▸ **Task instructions**
All lines holding the word "false" are to be copied from the records beneath.
+++ Given information
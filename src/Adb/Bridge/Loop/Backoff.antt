-- ===== src/Adb/Bridge/Loop/Backoff.antt =====
-- internal/adb/bridge.go: the waits between reconnects.
use tracelab.Prelude.{
  ℕ, zero, suc, ◌+◌, ◌-◌, ◌<◌, ◌≤◌, String, ◌≡◌, refl, ap, ◌∙◌, ◌⊎◌, Bool, true, false, Option,
  none, some, List, [], ◌∷◌, arith, ℤ, is_positive, leb, length, get_elem?, All, Bool-cases, inl,
  inr,
}
use tracelab.Adb.Bridge.{BridgeConfig, new_bridge, or_default, or_default_schedule, backoff_at}
use tracelab.Adb.Bridge.Loop.{
  Outcome, clean, ctx_error, other_error, running, Attempt, Once, run_once, Trace, reset, reconnect,
  after, run,
}
use tracelab.Adb.Logcat.{LogcatLine}

get_elem?-below {ℓ} :
    {A : Type ℓ} (xs : List A) (i : ℕ) → i < length xs → (a : A) × (get_elem? xs i ≡ some a)
get_elem?-below [] i h = absurd (omega arith)
get_elem?-below (x ∷ xs) zero h = (x, refl)
get_elem?-below (x ∷ xs) (suc i) h = get_elem?-below xs i (omega arith)

-- A schedule that is not empty has a wait for every attempt.
backoff_at-some :
    (sched : List ℤ) (n : ℕ) → 0 < length sched → (w : ℤ) × (backoff_at sched n ≡ some w)
unfolding backoff_at
backoff_at-some sched n h = elim (Bool-cases (leb (length sched) n)) [
  | inl past ↦ rw past (get_elem?-below sched (length sched - 1) (omega arith))
  | inr inside ↦ rw inside (get_elem?-below sched n (ground arith))
]

or_default-positive : (n : ℤ) (d : ℕ) → 0 < d → is_positive (or_default n d) ≡ true
or_default-positive n d h = ground arith

or_default_schedule-pos : (ws : List ℤ) → 0 < length (or_default_schedule ws)
or_default_schedule-pos [] = omega arith
or_default_schedule-pos (w ∷ ws) = omega arith

-- What `NewBridge` returns has a positive batch size, a positive interval and a schedule.
pub new_bridge_valid :
    (cfg b : BridgeConfig)
    → new_bridge cfg ≡ some b
    → (0 < length b.backoff_schedule)
      × (is_positive b.batch_size ≡ true)
      × (is_positive b.batch_interval ≡ true)
unfolding new_bridge
new_bridge_valid cfg b e = ground (
  arith,
  or_default-positive cfg.batch_size 50,
  or_default-positive cfg.batch_interval 50_000_000,
  or_default_schedule-pos cfg.backoff_schedule,
)

abbrev pub IsWait : Option ℤ → Type 0
IsWait none = ⊥
IsWait (some w) = Unit

-- The wait with a number, counted from 0, in a schedule that repeats its last wait for ever.
abbrev pub wait_of : List ℤ → ℕ → Option ℤ
wait_of [] n = none
wait_of (w ∷ []) n = some w
wait_of (w ∷ v ∷ ws) zero = some w
wait_of (w ∷ v ∷ ws) (suc n) = wait_of (v ∷ ws) n

wait_of-inside : (ws : List ℤ) (n : ℕ) → n < length ws → get_elem? ws n ≡ wait_of ws n
wait_of-inside [] n h = absurd (omega (arith, h))
wait_of-inside (w ∷ []) zero h = refl
wait_of-inside (w ∷ []) (suc n) h = absurd (omega (arith, h))
wait_of-inside (w ∷ v ∷ ws) zero h = refl
wait_of-inside (w ∷ v ∷ ws) (suc n) h = wait_of-inside (v ∷ ws) n (omega (arith, h))

wait_of-past : (ws : List ℤ) (n : ℕ) → length ws ≤ n → get_elem? ws (length ws - 1) ≡ wait_of ws n
wait_of-past [] n h = refl
wait_of-past (w ∷ []) n h =
    let first : length (w ∷ []) - 1 ≡ 0 = omega arith in ap (λ i. get_elem? (w ∷ []) i) first
wait_of-past (w ∷ v ∷ ws) zero h = absurd (omega (arith, h))
wait_of-past (w ∷ v ∷ ws) (suc n) h =
    let next : length (w ∷ v ∷ ws) - 1 ≡ suc (length (v ∷ ws) - 1) = omega arith in
    ap (λ i. get_elem? (w ∷ v ∷ ws) i) next ∙ wait_of-past (v ∷ ws) n (omega (arith, h))

backoff_at-wait_of : (ws : List ℤ) (n : ℕ) → backoff_at ws n ≡ wait_of ws n
unfolding backoff_at
backoff_at-wait_of ws n = elim (Bool-cases (leb (length ws) n)) [
  | inl past ↦ rw past (wait_of-past ws n (ground (arith, past)))
  | inr inside ↦ rw inside (wait_of-inside ws n (ground (arith, inside)))
]

module _ (build_meta : LogcatLine → String → String) (cfg : BridgeConfig) where
  module _ (scheduled : 0 < length cfg.backoff_schedule) where
    backoff_at-IsWait : (n : ℕ) → IsWait (backoff_at cfg.backoff_schedule n)
    backoff_at-IsWait n = let (w, e) = backoff_at-some cfg.backoff_schedule n scheduled in rw e tt

    reconnect-IsWait :
        (n : ℕ) (r : Once) (c : Bool) (rest : Trace)
        → All IsWait rest.waits
        → All IsWait (reconnect cfg n r c rest).waits
    reconnect-IsWait n r true rest h = (backoff_at-IsWait n, tt)
    reconnect-IsWait n r false rest h = (backoff_at-IsWait n, h)

    after-IsWait :
        (out : Outcome) (n : ℕ) (r : Once) (c : Bool) (rest : Trace)
        → All IsWait rest.waits
        → All IsWait (after cfg out n r c rest).waits
    after-IsWait clean n r c rest h = reconnect-IsWait n r c rest h
    after-IsWait other_error n r c rest h = reconnect-IsWait n r c rest h
    after-IsWait ctx_error n r c rest h = tt
    after-IsWait running n r c rest h = tt

    run-IsWait :
        (attempt : ℕ) (rounds : List Attempt) → All IsWait (run build_meta cfg attempt rounds).waits
    unfolding run
    run-IsWait attempt [] = tt
    run-IsWait attempt (a ∷ as') = elim (Bool-cases a.cancelled_before) [
      | inl c ↦ rw c tt
      | inr c ↦
          let r = run_once build_meta cfg a.create a.stream in
          rw c (
            after-IsWait r.outcome (reset r attempt) r a.cancelled_in_wait _
              (run-IsWait (reset r attempt + 1) as'))
    ]

  -- A round that saw no line and was not cancelled.
  pub record IsDead (a : Attempt) : Type 0 where
    pub going : a.cancelled_before ≡ false
    pub waits : a.cancelled_in_wait ≡ false
    pub silent : (run_once build_meta cfg a.create a.stream).got_lines ≡ false
    pub over :
        ((run_once build_meta cfg a.create a.stream).outcome ≡ clean)
        ⊎ ((run_once build_meta cfg a.create a.stream).outcome ≡ other_error)

  -- The waits of the schedule for `n` attempts in a row, from `attempt` on.
  abbrev pub scheduled_waits : ℕ → ℕ → List (Option ℤ)
  scheduled_waits attempt zero = []
  scheduled_waits attempt (suc n) =
      wait_of cfg.backoff_schedule attempt ∷ scheduled_waits (attempt + 1) n

  after-over :
      (out : Outcome) (n : ℕ) (r : Once) (c : Bool) (rest : Trace)
      → (out ≡ clean) ⊎ (out ≡ other_error)
      → c ≡ false
      → (after cfg out n r c rest).waits ≡ backoff_at cfg.backoff_schedule n ∷ rest.waits
  after-over clean n r c rest h e = rw e refl
  after-over other_error n r c rest h e = rw e refl
  after-over ctx_error n r c rest h e = ground arith
  after-over running n r c rest h e = ground arith

  run_over :
      (attempt : ℕ) (a : Attempt) (as' : List Attempt)
      → a.cancelled_before ≡ false
      → a.cancelled_in_wait ≡ false
      → ((run_once build_meta cfg a.create a.stream).outcome ≡ clean)
        ⊎ ((run_once build_meta cfg a.create a.stream).outcome ≡ other_error)
      → let n = reset (run_once build_meta cfg a.create a.stream) attempt in
        (run build_meta cfg attempt (a ∷ as')).waits
        ≡ backoff_at cfg.backoff_schedule n ∷ (run build_meta cfg (n + 1) as').waits
  unfolding run
  run_over attempt a as' c w o =
      let r = run_once build_meta cfg a.create a.stream in
      rw c (after-over r.outcome (reset r attempt) r a.cancelled_in_wait _ o w)

  run-dead :
      (attempt : ℕ) (rounds : List Attempt)
      → All IsDead rounds
      → (run build_meta cfg attempt rounds).waits ≡ scheduled_waits attempt (length rounds)
  run-dead attempt [] dead = unfold run in refl
  run-dead attempt (a ∷ as') dead =
      let d = dead.0 in
      run_over attempt a as' d.going d.waits d.over
      ∙ rw
          (
            d.silent,
            run-dead (attempt + 1) as' dead.1,
            backoff_at-wait_of cfg.backoff_schedule attempt,
          )
          refl

  -- Whatever the counter of attempts was: after a round that saw a line, and then any number of
  -- rounds that saw none, with no cancellation, the waits are those of the schedule from its
  -- start, the last one repeated when it is used up.
  pub run-healthy :
      (attempt : ℕ) (a : Attempt) (rounds : List Attempt)
      → a.cancelled_before ≡ false
      → a.cancelled_in_wait ≡ false
      → (run_once build_meta cfg a.create a.stream).got_lines ≡ true
      → ((run_once build_meta cfg a.create a.stream).outcome ≡ clean)
        ⊎ ((run_once build_meta cfg a.create a.stream).outcome ≡ other_error)
      → All IsDead rounds
      → (run build_meta cfg attempt (a ∷ rounds)).waits ≡ scheduled_waits 0 (suc (length rounds))
  run-healthy attempt a rounds c w got o dead =
      run_over attempt a rounds c w o
      ∙ rw (got, run-dead 1 rounds dead, backoff_at-wait_of cfg.backoff_schedule 0) refl

-- A bridge that `NewBridge` made never indexes its schedule out of range, in any run.
pub run-new_bridge :
    (build_meta : LogcatLine → String → String) (cfg b : BridgeConfig) (rounds : List Attempt)
    → new_bridge cfg ≡ some b
    → All IsWait (run build_meta b 0 rounds).waits
run-new_bridge build_meta cfg b rounds e =
    run-IsWait build_meta b (new_bridge_valid cfg b e).0 0 rounds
++++++
▸ **Exercise result**
  ℕ, zero, suc, ◌+◌, ◌-◌, ◌<◌, ◌≤◌, String, ◌≡◌, refl, ap, ◌∙◌, ◌⊎◌, Bool, true, false, Option,
    reconnect-IsWait n r false rest h = (backoff_at-IsWait n, h)
    pub going : a.cancelled_before ≡ false
    pub waits : a.cancelled_in_wait ≡ false
    pub silent : (run_once build_meta cfg a.create a.stream).got_lines ≡ false
      → c ≡ false
      → a.cancelled_before ≡ false
      → a.cancelled_in_wait ≡ false
      → a.cancelled_before ≡ false
      → a.cancelled_in_wait ≡ false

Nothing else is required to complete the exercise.